## Import Library

In [47]:
import plotly.graph_objs
import requests
import pandas as pd
from bs4 import BeautifulSoup
import string
import re
import urllib

# Text Analysis
## Scrap Data

In [48]:
url="https://insights.blackcoffer.com/how-is-login-logout-time-tracking-for-employees-in-office-done-by-ai/"

In [49]:
headers = {'User-Agent': "Mozilla/5.0 (Windows NT 10.0; Win64; x64) AppleWebKit/537.36 (KHTML, like Gecko) Chrome/42.0.2311.135 Safari/537.36 Edge/12.246"}
# Here the user agent is for Edge browser on windows 10. You can find your browser user agent from the above given link.
r = requests.get(url=url, headers=headers)

In [50]:
soup = BeautifulSoup(r.content, 'html5lib')

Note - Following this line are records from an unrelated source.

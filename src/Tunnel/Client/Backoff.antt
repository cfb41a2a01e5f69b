-- ===== src/Tunnel/Client/Backoff.antt =====
-- How long the client waits before it connects again.
use routeup.Base.{
  ℕ, ltb, if◌then◌else◌, get_elem?, zero, suc, ◌+◌, ◌*◌, ◌≤◌, ◌≡◌, some, List, [], ◌∷◌, arith,
  length, any, refl, ap, ◌∙◌, Bool, false, not, ◌||◌,
}
use routeup.Tunnel.Client.{
  Attempt, base_backoff, max_backoff, next_backoff, run_from, transient, permanent, running, run,
}

pub power : ℕ → ℕ
power zero = 1
power (suc n) = power n * 2

-- The wait after so many failures: half a second, doubled each time, but never above half a minute.
abbrev pub nominal : ℕ → ℕ
nominal n = if ltb max_backoff (base_backoff * power n) then max_backoff else base_backoff * power n

power-pos : (n : ℕ) → 1 ≤ power n
unfolding power
power-pos zero = omega arith
power-pos (suc n) = omega (arith, power-pos n)

next-nominal : (n : ℕ) → next_backoff (nominal n) ≡ nominal (suc n)
unfolding power
next-nominal n = ground (arith, power-pos n)

run_from-waits :
    (b n i w : ℕ) (attempts : List Attempt)
    → b ≡ nominal n
    → get_elem? (run_from b attempts).waits i ≡ some w
    → w ≡ nominal (n + i)
unfolding run_from
run_from-waits b n i w [] e h = cc
run_from-waits b n zero w (a ∷ more) e h =
    let head : w ≡ b = ground (arith, h) in
    let shift : n ≡ n + 0 = omega arith in head ∙ e ∙ ap (λ k. nominal k) shift
run_from-waits b n (suc i) w (a ∷ more) e h =
    run_from-waits (next_backoff b) (suc n) i w more (rw e (next-nominal n)) (ground (arith, h))
    ∙ ap nominal (omega arith)

abbrev harmless : Attempt → Bool
harmless a = elim a.outcome [ permanent ↦ false | transient ↦ not (a.done_after || a.done_in_wait) ]

run_from-going :
    (b : ℕ) (attempts : List Attempt)
    → any (λ a. not (harmless a)) attempts ≡ false
    → (length (run_from b attempts).waits ≡ length attempts)
      × ((run_from b attempts).ending ≡ running)
unfolding run_from
run_from-going b [] h = (refl, refl)
run_from-going b (a ∷ more) h = ground (arith, h, run_from-going (next_backoff b) more)

-- The wait after failure number i, counted from 0, is half a second doubled i times, up to half a
-- minute: for every run of Run, however many sessions fail.
pub run-waits :
    (attempts : List Attempt) (i w : ℕ) → get_elem? (run attempts).waits i ≡ some w → w ≡ nominal i
unfolding run
run-waits attempts i w h =
    let shift : 0 + i ≡ i = omega arith in
    run_from-waits base_backoff 0 i w attempts start h ∙ ap (λ k. nominal k) shift
  where
    start : base_backoff ≡ nominal 0
    start = unfold power in ground arith

-- While no session ends with a permanent error and the context is not done, Run goes on: it waits
-- after each session, and does not return.
pub run-going :
    (attempts : List Attempt)
    → any (λ a. not (harmless a)) attempts ≡ false
    → (length (run attempts).waits ≡ length attempts) × ((run attempts).ending ≡ running)
unfolding run
run-going attempts h = run_from-going base_backoff attempts h
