-- ===== src/Tunnel/Client/Hosts.antt =====
-- Which hosts the client takes from a server.
use routeup.Base.{
  Text, Bool-cases, length, All, ok, codes, text_eq_iff, ◌≤◌, ◌≡◌, ◌≢◌, inl, inr, true, List, [],
  ◌∷◌, arith,
}
use routeup.Strings.{split, join}
use routeup.Strings.Laws.{join-split}
use routeup.Tunnel.Client.{
  host_bytes, first_byte, last_byte, host_byte, host_labels, valid_granted_host, HandshakeMessage,
  accept_reply,
}

-- A label of a host: 1 to 63 letters, digits and hyphens, with no hyphen at an end.
pub record IsHostLabel (label : Text) : Type 0 where
  pub some_byte : 1 ≤ length label
  pub short : length label ≤ 63
  pub bytes : All (λ r. host_byte r ≡ true) label
  pub first : first_byte label ≢ b'-'
  pub last : last_byte label ≢ b'-'

host_bytes-All : (label : Text) → host_bytes label ≡ true → All (λ r. host_byte r ≡ true) label
unfolding host_bytes
host_bytes-All [] h = tt
host_bytes-All (r ∷ label) h = elim (Bool-cases (host_byte r)) [
  | inl e ↦ (e, host_bytes-All label (ground (arith, h, e)))
  | inr e ↦ absurd (ground (arith, h, e))
]

host_labels-IsHostLabel : (ls : List Text) → host_labels ls ≡ true → All IsHostLabel ls
unfolding host_labels
host_labels-IsHostLabel [] h = tt
host_labels-IsHostLabel (l ∷ ls) h = elim (Bool-cases (host_bytes l)) [
  | inr e ↦ absurd (ground (arith, h, e))
  | inl e ↦ (
    record {
      some_byte = ground (arith, h);
      short = ground (arith, h);
      bytes = host_bytes-All l e;
      first = ground (arith, h);
      last = ground (arith, h);
    },
    host_labels-IsHostLabel ls (ground (arith, h, e)),
  )
]

-- A host that the client accepts from the server's reply is the reply's, in a claim_ok; it has 1 to
-- 253 bytes, and it is labels with dots between them, each of 1 to 63 letters, digits and hyphens
-- with no hyphen at an end.
pub accept_reply-host :
    (reply : HandshakeMessage) (host : Text)
    → accept_reply reply ≡ ok host
    → (reply.type ≡ codes "claim_ok")
      × (host ≡ reply.granted)
      × (host ≢ [])
      × (length host ≤ 253)
      × All IsHostLabel (split b'.' host)
      × (join b'.' (split b'.' host) ≡ host)
unfolding accept_reply valid_granted_host
accept_reply-host reply host h =
    let same : host ≡ reply.granted = ground (arith, h) in
    (
      ground (arith, h, text_eq_iff reply.type (codes "claim_ok")),
      same,
      ground (arith, h, text_eq_iff reply.granted []),
      ground (arith, h),
      host_labels-IsHostLabel (split b'.' host) (ground (arith, h)),
      join-split b'.' host,
    )
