-- ===== src/Tests/Network.antt =====
-- Public requests, a client that connects again, and a command that restores its exposure.
use routeup.Base.{
  Text, length, replicate, All, ok, codes, lookup, ℕ, ◌≤◌, ◌≡◌, refl, ◌≢◌, true, false, Option,
  none, some, List, [], ◌∷◌, arith, text_eq,
}
use routeup.Strings.{split, join, to_lower, has_prefix, has_suffix}
use routeup.Tests.{plain}
use routeup.Tests.Claims.{three}
use routeup.Tests.Exposures.{request}
use routeup.Server.Limiter.{new_multi_limiter, allow}
use routeup.Server.Ingress.{Ingress, OutcomeCounts, Written, header, body, serve_ingress}
use routeup.Server.Ingress.Metered.{Agree, Recounted, serve_ingress-Recounted}
use routeup.Server.Ingress.Requests.{serve_ingress-Dispatched}
use routeup.Tunnel.Client.{Attempt, transient, run, HandshakeMessage, accept_reply}
use routeup.Tunnel.Client.Backoff.{run-waits, nominal}
use routeup.Tunnel.Client.Hosts.{accept_reply-host, IsHostLabel}
use routeup.Agentctl.Reconcile.{
  DesiredState, Status, got, Round, expose, reconcile_desired, Tick, maintain, round_status,
}
use routeup.Agentctl.Reconcile.Backoff.{Bounded, maintain-Bounded}
use routeup.Agentctl.Reconcile.Rounds.{InPlace, reconcile_desired-InPlace}

abbrev no_counts : OutcomeCounts
no_counts = record {
  by_class = replicate 6 0;
  duration = replicate 11 0;
  duration_nsec = 0;
  count = 0;
}

no_counts-Agree : Agree no_counts
no_counts-Agree = record {
  classes = refl;
  classed = refl;
  buckets = refl;
  cumulative = ground arith;
}

abbrev blog_host : Text
blog_host = codes "blog.x.dev"

abbrev ingress : Ingress three
ingress = record {
  routes = (blog_host, 4) ∷ [];
  request_limiter = new_multi_limiter three false;
  metrics = record {
    in_flight = 2;
    of_forwarded = no_counts;
    of_no_tunnel = no_counts;
    rate_limited = 0;
  };
}

abbrev no_port : Text → Option Text
no_port h = none

abbrev proxied : ℕ → List Written
proxied session = header 200 ∷ body ∷ []

serve_ingress-Dispatched_example :
    (lookup blog_host ingress.routes ≡ some 4)
    × ((allow three blog_host 7 ingress.request_limiter).1 ≡ true)
unfolding serve_ingress lookup routeup.Base.text_eq routeup.Strings.to_lower allow new_multi_limiter
serve_ingress-Dispatched_example =
    serve_ingress-Dispatched three plain no_port proxied 7 1 (codes "Blog.x.dev") ingress

serve_ingress-Recounted_example :
    Recounted ingress.metrics
      (serve_ingress three plain no_port proxied 7 1 (codes "Blog.x.dev") ingress).server.metrics
serve_ingress-Recounted_example =
    serve_ingress-Recounted three plain no_port proxied 7 1 (codes "Blog.x.dev") ingress
      no_counts-Agree no_counts-Agree

abbrev dropped : Attempt
dropped = record { outcome = transient; done_after = false; done_in_wait = false }

abbrev attempts : List Attempt
attempts = replicate 8 dropped

run-waits_example : 30000 ≡ nominal 7
unfolding run
run-waits_example = run-waits attempts 7 30000 refl

abbrev reply : HandshakeMessage
reply = record { type = codes "claim_ok"; granted = blog_host; error = [] }

reply_accepted : accept_reply reply ≡ ok blog_host
unfolding accept_reply routeup.Base.text_eq routeup.Strings.has_prefix routeup.Strings.has_suffix
    split
reply_accepted = refl

accept_reply-host_example :
    (reply.type ≡ codes "claim_ok")
    × (blog_host ≡ reply.granted)
    × (blog_host ≢ [])
    × (length blog_host ≤ 253)
    × All IsHostLabel (split b'.' blog_host)
    × (join b'.' (split b'.' blog_host) ≡ blog_host)
accept_reply-host_example = accept_reply-host reply blog_host reply_accepted

abbrev desired : DesiredState
desired = record { claim = none; exposure = some request; public_host = blog_host }

abbrev restarted : Round
restarted = record {
  done = false;
  status = got (record { boot_id = codes "b2"; exposures = [] });
  done_then = false;
  ensured = true;
  restarted_status = none;
  registers = true;
  exposes = some blog_host;
}

abbrev status_now : Status
status_now = record { boot_id = codes "b2"; exposures = [] }

in_time :
    reconcile_desired desired [] restarted
    ≡ record { boot_id = codes "b2"; exposure_failed = false; calls = expose request ∷ [] }
unfolding reconcile_desired routeup.Base.text_eq
in_time = refl

reconcile_desired-InPlace_example :
    InPlace desired request restarted status_now [] (reconcile_desired desired [] restarted).calls
unfolding routeup.Agentctl.Reconcile.round_status reconcile_desired routeup.Base.text_eq
reconcile_desired-InPlace_example =
    reconcile_desired-InPlace desired request [] restarted status_now refl refl refl refl refl

abbrev failing : Round
failing = record restarted { exposes = none }

abbrev two_ticks : List Tick
two_ticks =
    record { now = 2000; after = 2010; round = failing }
    ∷ record { now = 4010; after = 4020; round = failing }
    ∷ []

maintain-Bounded_example : Bounded 4020 (maintain desired 5 failing two_ticks)
maintain-Bounded_example = maintain-Bounded desired 5 failing two_ticks (ground arith)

### Extract title from artical

In [51]:
title=soup.find('h1',class_="entry-title")
title=title.text.replace('\n'," ")
title

'How is Login Logout Time Tracking for Employees in Office done by AI?'

### Extract content from articel

In [52]:
content=soup.findAll(attrs={'class':'td-post-content'})
content=content[0].text.replace('\n'," ")
content

'          When people hear AI they often think about sentient robots and magic boxes. AI today is much more mundane and simple—but that doesn’t mean it’s not powerful. Another misconception is that high-profile research projects can be applied directly to any business situation. AI done right can create an extreme return on investments (ROIs)—for instance through automation or precise prediction. But it does take thought, time, and proper implementation. We have seen that success and value generated by AI projects are increased when there is a grounded understanding and expectation of what the technology can deliver from the C-suite down.    “Artificial Intelligence (AI) is a science and a set of computational technologies that are inspired by—but typically operate quite differently from—the ways people use their nervous systems and bodies to sense, learn, reason and take action.”3 Lately there has been a big rise in the day-to-day use of machines powered by AI. These machines are wir

### Remove punctuation from the content

In [53]:
content = content.translate(str.maketrans('', '', string.punctuation))
content

'          When people hear AI they often think about sentient robots and magic boxes AI today is much more mundane and simple—but that doesn’t mean it’s not powerful Another misconception is that highprofile research projects can be applied directly to any business situation AI done right can create an extreme return on investments ROIs—for instance through automation or precise prediction But it does take thought time and proper implementation We have seen that success and value generated by AI projects are increased when there is a grounded understanding and expectation of what the technology can deliver from the Csuite down    “Artificial Intelligence AI is a science and a set of computational technologies that are inspired by—but typically operate quite differently from—the ways people use their nervous systems and bodies to sense learn reason and take action”3 Lately there has been a big rise in the daytoday use of machines powered by AI These machines are wired using crossdiscip

### Convert Tokens

In [54]:
from nltk.tokenize import word_tokenize
text_tokens = word_tokenize(content)
print(text_tokens[0:50])

['When', 'people', 'hear', 'AI', 'they', 'often', 'think', 'about', 'sentient', 'robots', 'and', 'magic', 'boxes', 'AI', 'today', 'is', 'much', 'more', 'mundane', 'and', 'simple—but', 'that', 'doesn', '’', 't', 'mean', 'it', '’', 's', 'not', 'powerful', 'Another', 'misconception', 'is', 'that', 'highprofile', 'research', 'projects', 'can', 'be', 'applied', 'directly', 'to', 'any', 'business', 'situation', 'AI', 'done', 'right', 'can']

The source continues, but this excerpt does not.